BioNTech SE has acquired PhagoMed GmbH! PhagoMed is a Vienna, Austria-based phage lysin and phage therapy company. The partnership of PhagoMed with BioNTech will further advance the synthetic lysin technology (LysinBuilder).

NewsPhage company

Maria Loose (Justus-Liebig University Giessen, Germany) and colleagues published a new paper in Antibiotics showing natural bred ε2-phages have improved host range and virulence against uropathogenic Escherichia coli over their ancestor phages. The authors isolated phages and conducted experiments to increase the phage host range and virulence. They found that phages were mosaics of their ancestors, with extensive recombinations.

Host rangeResearch paper

Sean Meaden (University of Exeter, UK) and colleagues published a new paper in Current Biology showing high viral abundance and low diversity are associated with increased CRISPR-Cas prevalence across microbial ecosystems.

CRISPR-Cas SystemResearch paper

Siân Owen (Harvard Medical School, USA) and colleagues published a new paper in Cell Host & Microbe showing prophages encode phage-defense systems with cognate self-immunity.

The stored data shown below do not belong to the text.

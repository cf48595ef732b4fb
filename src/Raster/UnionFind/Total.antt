-- ===== src/Raster/UnionFind/Total.antt =====
-- What `find` and `union` of worker/emi_worker/raster.py return on labels that were made.
use native.Mathlib.Decide.{ℕ_discrete, dec_lt}
use emi_analyzer.Base.{
  ℕ, zero, suc, ◌<◌, some, List, ◌≡◌, ◌≢◌, refl, sym, ap, arith, ◌∙◌, length, set, ◌==◌, ◌||◌, min,
  if◌then◌else◌,
}
use emi_analyzer.Raster.UnionFind.{compress, find, union, join_roots}
use emi_analyzer.Raster.UnionFind.Roots.{
  IsForest, parent_or, root, root-parent, root_end, root-fixed, root-root, root_from-eq-root,
  get_elem?-lt,
}
use emi_analyzer.Raster.UnionFind.Merge.{IsForest-set, length-set, root-compress, root-link}

-- The same labels with the same roots.
pub record IsSameForest (p q : List ℕ) : Type 0 where
  pub forest : IsForest q
  pub labels : length q ≡ length p
  pub roots : (y : ℕ) → root q y ≡ root p y

compress_lem :
    (f : ℕ) (p : List ℕ) (x : ℕ)
    → IsForest p
    → x < length p
    → x < f
    → (q : List ℕ) × (compress f p x (root p x) ≡ some q) × IsSameForest p q
unfolding compress
compress_lem zero p x w hx hf = absurd (omega arith)
compress_lem (suc f) p x w hx hf =
    let (y, e) = get_elem?-lt p x hx in
    let r : ℕ = root p x in
    let le = w x y e in
    let r_le = (root_end p x w).1 in
    elim (ℕ_discrete y r) [
      | yes ends ↦ (p, ground (arith, e), record { forest = w; labels = refl; roots = λ z. refl })
      | no goes_on ↦
          let p' : List ℕ = set p x r in
          let w' : IsForest p' = IsForest-set p w x r hx r_le in
          let same : (z : ℕ) → root p' z ≡ root p z =
            λ z. root-compress p w x r hx r_le refl (suc z) z (omega arith) in
          let up : root p x ≡ root p y = root-parent p x w ∙ ap (λ o. root p (parent_or o x)) e in
          let below : y ≢ x = λ same_label.
            goes_on (same_label ∙ sym (root-fixed p x (ap (λ o. parent_or o x) e ∙ same_label))) in
          let (q, found, kept) =
            compress_lem f p' y w' (omega (arith, length-set p x r)) (omega arith) in
          (
            q,
            ground (arith, e, ap (compress f p' y) (same y ∙ sym up), found),
            record {
              forest = kept.forest;
              labels = kept.labels ∙ length-set p x r;
              roots = λ z. kept.roots z ∙ same z;
            },
          )
    ]

-- `find` returns on every label that was made: it gives the label's root, and the path compression
-- keeps the labels and every label's root.
pub find_total :
    (p : List ℕ) (x : ℕ)
    → IsForest p
    → x < length p
    → (q : List ℕ) × (find p x ≡ some (root p x, q)) × IsSameForest p q
unfolding find
find_total p x w hx =
    let (q, made, kept) = compress_lem (length p) p x w hx hx in
    (q, rw (root_from-eq-root (length p) p x w hx hx) (rw made), kept)

-- The roots after a merge of two trees: their labels have the smaller root, the others keep theirs.
abbrev pub merged : List ℕ → ℕ → ℕ → ℕ → ℕ
merged p a b y =
    if (root p y == root p a) || (root p y == root p b) then min (root p a) (root p b) else root p y

pub record IsMerged (p q : List ℕ) (a b : ℕ) : Type 0 where
  pub forest : IsForest q
  pub labels : length q ≡ length p
  pub roots : (y : ℕ) → root q y ≡ merged p a b y

-- One root put under another, in a forest with the roots of `p`.
link_lem :
    (p q : List ℕ) (a b lo hi : ℕ)
    → IsForest p
    → IsSameForest p q
    → lo < hi
    → hi < length p
    → root p lo ≡ lo
    → root p hi ≡ hi
    → ((y : ℕ) → (if root p y == hi then lo else root p y) ≡ merged p a b y)
    → IsMerged p (set q hi lo) a b
link_lem p q a b lo hi wp kept lt hh lo_root hi_root agree =
    let fixed_lo = (root_end q lo kept.forest).0 in
    let fixed_hi = (root_end q hi kept.forest).0 in
    let hq : hi < length q = omega (arith, kept.labels) in
    let lo' : root q lo ≡ lo = kept.roots lo ∙ lo_root in
    let hi' : root q hi ≡ hi = kept.roots hi ∙ hi_root in
    record {
      forest = IsForest-set q kept.forest hi lo hq (omega arith);
      labels = length-set q hi lo ∙ kept.labels;
      roots = λ y.
          root-link q kept.forest hi lo hq (omega arith) (rw lo' at fixed_lo) (rw hi' at fixed_hi)
            (suc y) y (omega arith)
          ∙ ap (λ (r : ℕ). if r == hi then lo else r) (kept.roots y)
          ∙ agree y;
    }

IsSameForest-trans : {p q s : List ℕ} → IsSameForest p q → IsSameForest q s → IsSameForest p s
IsSameForest-trans h k = record {
  forest = k.forest;
  labels = k.labels ∙ h.labels;
  roots = λ y. k.roots y ∙ h.roots y;
}

module _ (p q : List ℕ) (a b : ℕ) (w : IsForest p) (ha : a < length p) (hb : b < length p)
    (kept : IsSameForest p q) where
  join_roots_lem :
      (s : List ℕ) × (join_roots (root p a) (root p b) q ≡ some (min (root p a) (root p b), s))
      × IsMerged p s a b
  join_roots_lem =
      let ra_le = (root_end p a w).1 in
      let rb_le = (root_end p b w).1 in
      elim (dec_lt (root p a) (root p b)) [
        | yes below ↦ (
          set q (root p b) (root p a),
          ground arith,
          link_lem p q a b (root p a) (root p b) w kept below (omega arith) (root-root p a w)
              (root-root p b w) (λ y. ground arith),
        )
        | no not_below ↦ elim (dec_lt (root p b) (root p a)) [
          | yes above ↦ (
            set q (root p a) (root p b),
            ground arith,
            link_lem p q a b (root p b) (root p a) w kept above (omega arith) (root-root p b w)
                (root-root p a w) (λ y. ground arith),
          )
          | no not_above ↦ (
            q,
            ground arith,
            record {
              forest = kept.forest;
              labels = kept.labels;
              roots = λ y. ground (arith, kept.roots y);
            },
          )
        ]
      ]

-- `union` returns on every two labels that were made: the smaller of their roots, and a state with
-- the same labels in which exactly the labels of the two trees have that root.
pub union_merges :
    (p : List ℕ) (a b : ℕ)
    → IsForest p
    → a < length p
    → b < length p
    → (q : List ℕ) × (union p a b ≡ some (min (root p a) (root p b), q)) × IsMerged p q a b
unfolding union
union_merges p a b w ha hb =
    let (p1, found_a, kept_a) = find_total p a w ha in
    let (p2, found_b, kept_b) = find_total p1 b kept_a.forest (omega (arith, kept_a.labels)) in
    let kept : IsSameForest p p2 = IsSameForest-trans kept_a kept_b in
    let (q, joined, after) = join_roots_lem p p2 a b w ha hb kept in
    (q, rw found_a (rw found_b (rw (kept_a.roots b) joined)), after)
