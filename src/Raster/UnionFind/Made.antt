-- ===== src/Raster/UnionFind/Made.antt =====
-- `make` of worker/emi_worker/raster.py.
use native.Mathlib.Decide.{ℕ_discrete}
use emi_analyzer.Base.{
  ℕ, zero, suc, ◌<◌, some, List, [], ◌∷◌, ◌++◌, ◌≡◌, refl, sym, ap, arith, ◌∙◌, length, get_elem?,
  ◌==◌, if◌then◌else◌,
}
use emi_analyzer.Raster.UnionFind.{make}
use emi_analyzer.Raster.UnionFind.Roots.{
  IsForest, parent_or, parent_le, root, root-parent, root-fixed,
}

get_elem?-snoc :
    (p : List ℕ) (v i : ℕ)
    → get_elem? (p ++ v ∷ []) i ≡ (if i == length p then some v else get_elem? p i)
get_elem?-snoc [] v zero = ground arith
get_elem?-snoc [] v (suc i) = ground arith
get_elem?-snoc (x ∷ p) v zero = ground arith
get_elem?-snoc (x ∷ p) v (suc i) = ground (arith, get_elem?-snoc p v i)

IsForest-make : (p : List ℕ) → IsForest p → IsForest (make p).1
unfolding make
IsForest-make p w i y e = ground (arith, get_elem?-snoc p (length p) i, w i y)

length-snoc : (p : List ℕ) (v : ℕ) → length (p ++ v ∷ []) ≡ suc (length p)
length-snoc [] v = refl
length-snoc (x ∷ p) v = ap suc (length-snoc p v)

root_old :
    (p : List ℕ) → IsForest p → (n y : ℕ) → y < n → y < length p → root (make p).1 y ≡ root p y
unfolding make
root_old p w zero y h hy = absurd (omega arith)
root_old p w (suc n) y h hy =
    let same : parent_or (get_elem? (make p).1 y) y ≡ parent_or (get_elem? p y) y =
      ground (arith, get_elem?-snoc p (length p) y) in
    elim (ℕ_discrete (parent_or (get_elem? p y) y) y) [
      | yes fixed ↦ root-fixed (make p).1 y (same ∙ fixed) ∙ sym (root-fixed p y fixed)
      | no up ↦
          let le = parent_le p w y in
          root-parent (make p).1 y (IsForest-make p w)
          ∙ ap (root (make p).1) same
          ∙ root_old p w n (parent_or (get_elem? p y) y) (omega arith) (omega arith)
          ∙ sym (root-parent p y w)
    ]

root_new : (p : List ℕ) → root (make p).1 (length p) ≡ length p
unfolding make
root_new p =
    root-fixed (make p).1 (length p) (ground (arith, get_elem?-snoc p (length p) (length p)))

-- `make` gives a label that was not there, alone in its tree; the labels that were there keep their
-- roots.
pub make_fresh :
    (p : List ℕ)
    → IsForest p
    → ((make p).0 ≡ length p)
      × (length (make p).1 ≡ suc (length p))
      × IsForest (make p).1
      × (root (make p).1 (make p).0 ≡ (make p).0)
      × ((y : ℕ) → y < length p → root (make p).1 y ≡ root p y)
unfolding make
make_fresh p w = (
  refl,
  length-snoc p (length p),
  IsForest-make p w,
  root_new p,
  λ y h. root_old p w (suc y) y (omega arith) h,
)
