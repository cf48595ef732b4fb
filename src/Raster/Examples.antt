-- ===== src/Raster/Examples.antt =====
-- Merges of labels in worker/emi_worker/raster.py.
use emi_analyzer.Base.{ℕ, zero, suc, ◌<◌, some, List, [], ◌∷◌, ◌≡◌, refl, length, min, arith}
use emi_analyzer.Raster.UnionFind.{make, root_from, compress, find, union}
use emi_analyzer.Raster.UnionFind.Roots.{IsForest, root}
use emi_analyzer.Raster.UnionFind.Total.{IsSameForest, IsMerged, find_total, union_merges}
use emi_analyzer.Raster.UnionFind.Made.{make_fresh}

-- Background, and labels 1 to 4 of which 2, 3 and 4 are one tree.
abbrev parents : List ℕ
parents = 0 ∷ 1 ∷ 2 ∷ 2 ∷ 3 ∷ []

parents-IsForest : IsForest parents
parents-IsForest zero y e = ground arith
parents-IsForest (suc zero) y e = ground arith
parents-IsForest (suc (suc zero)) y e = ground arith
parents-IsForest (suc (suc (suc zero))) y e = ground arith
parents-IsForest (suc (suc (suc (suc zero)))) y e = ground arith
parents-IsForest (suc (suc (suc (suc (suc i))))) y e = ground arith

union_runs : union parents 4 1 ≡ some (1, 0 ∷ 1 ∷ 1 ∷ 2 ∷ 2 ∷ [])
unfolding union find root_from compress
union_runs = refl

find_total_example :
    (q : List ℕ) × (find parents 4 ≡ some (root parents 4, q)) × IsSameForest parents q
find_total_example = find_total parents 4 parents-IsForest (omega arith)

union_merges_example :
    (q : List ℕ) × (union parents 4 1 ≡ some (min (root parents 4) (root parents 1), q))
    × IsMerged parents q 4 1
union_merges_example = union_merges parents 4 1 parents-IsForest (omega arith) (omega arith)

make_fresh_example :
    ((make parents).0 ≡ length parents)
    × (length (make parents).1 ≡ suc (length parents))
    × IsForest (make parents).1
    × (root (make parents).1 (make parents).0 ≡ (make parents).0)
    × ((y : ℕ) → y < length parents → root (make parents).1 y ≡ root parents y)
make_fresh_example = make_fresh parents parents-IsForest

Phage defense systemsResearch paper

Carlos Martinez-Soto (University of Guelph, Canada) and colleagues published a new paper in Viruses showing PHIDA: A high throughput turbidimetric data analytic tool to compare host range profiles of bacteriophages isolated using different enrichment methods.

Bioinformatics ToolResearch paper

Latest Jobs

Molecular BiologyMolecular assay and testing analyst
Join the team at Adaptive Phage Therapeutics (APT). APT is a clinical-stage biotech company advancing therapies to treat multi-drug resistant infections. APT is seeking a highly motivated individual skilled in a broad range of wet bench microbiology and molecular biology techniques with expertise in viral/bacteriophage biology, genomics and NGS sequencing operations. The successful candidate will be responsible for independently performing assays in a fast paced and energetic environment.
Research Assistant
The Broussard Lab at The Pennsylvania State University(Pennsylvania, USA) is hiring a part-time research assistant to conduct experiments on vibriophage.
Research Associate
Dr Danish Malik (Loughborough University) is hiring an RA in Bacteriophage Formulation to develop new phage-based therapeutics for the treatment of antibiotic resistant infections. The work involves formulation development of phages to improve their storage stability and will involve working with a commercial industrial partner.

Community Board

Anyone can post a message to the phage community — and it could be anything from collaboration requests, post-doc searches, sequencing help — just ask!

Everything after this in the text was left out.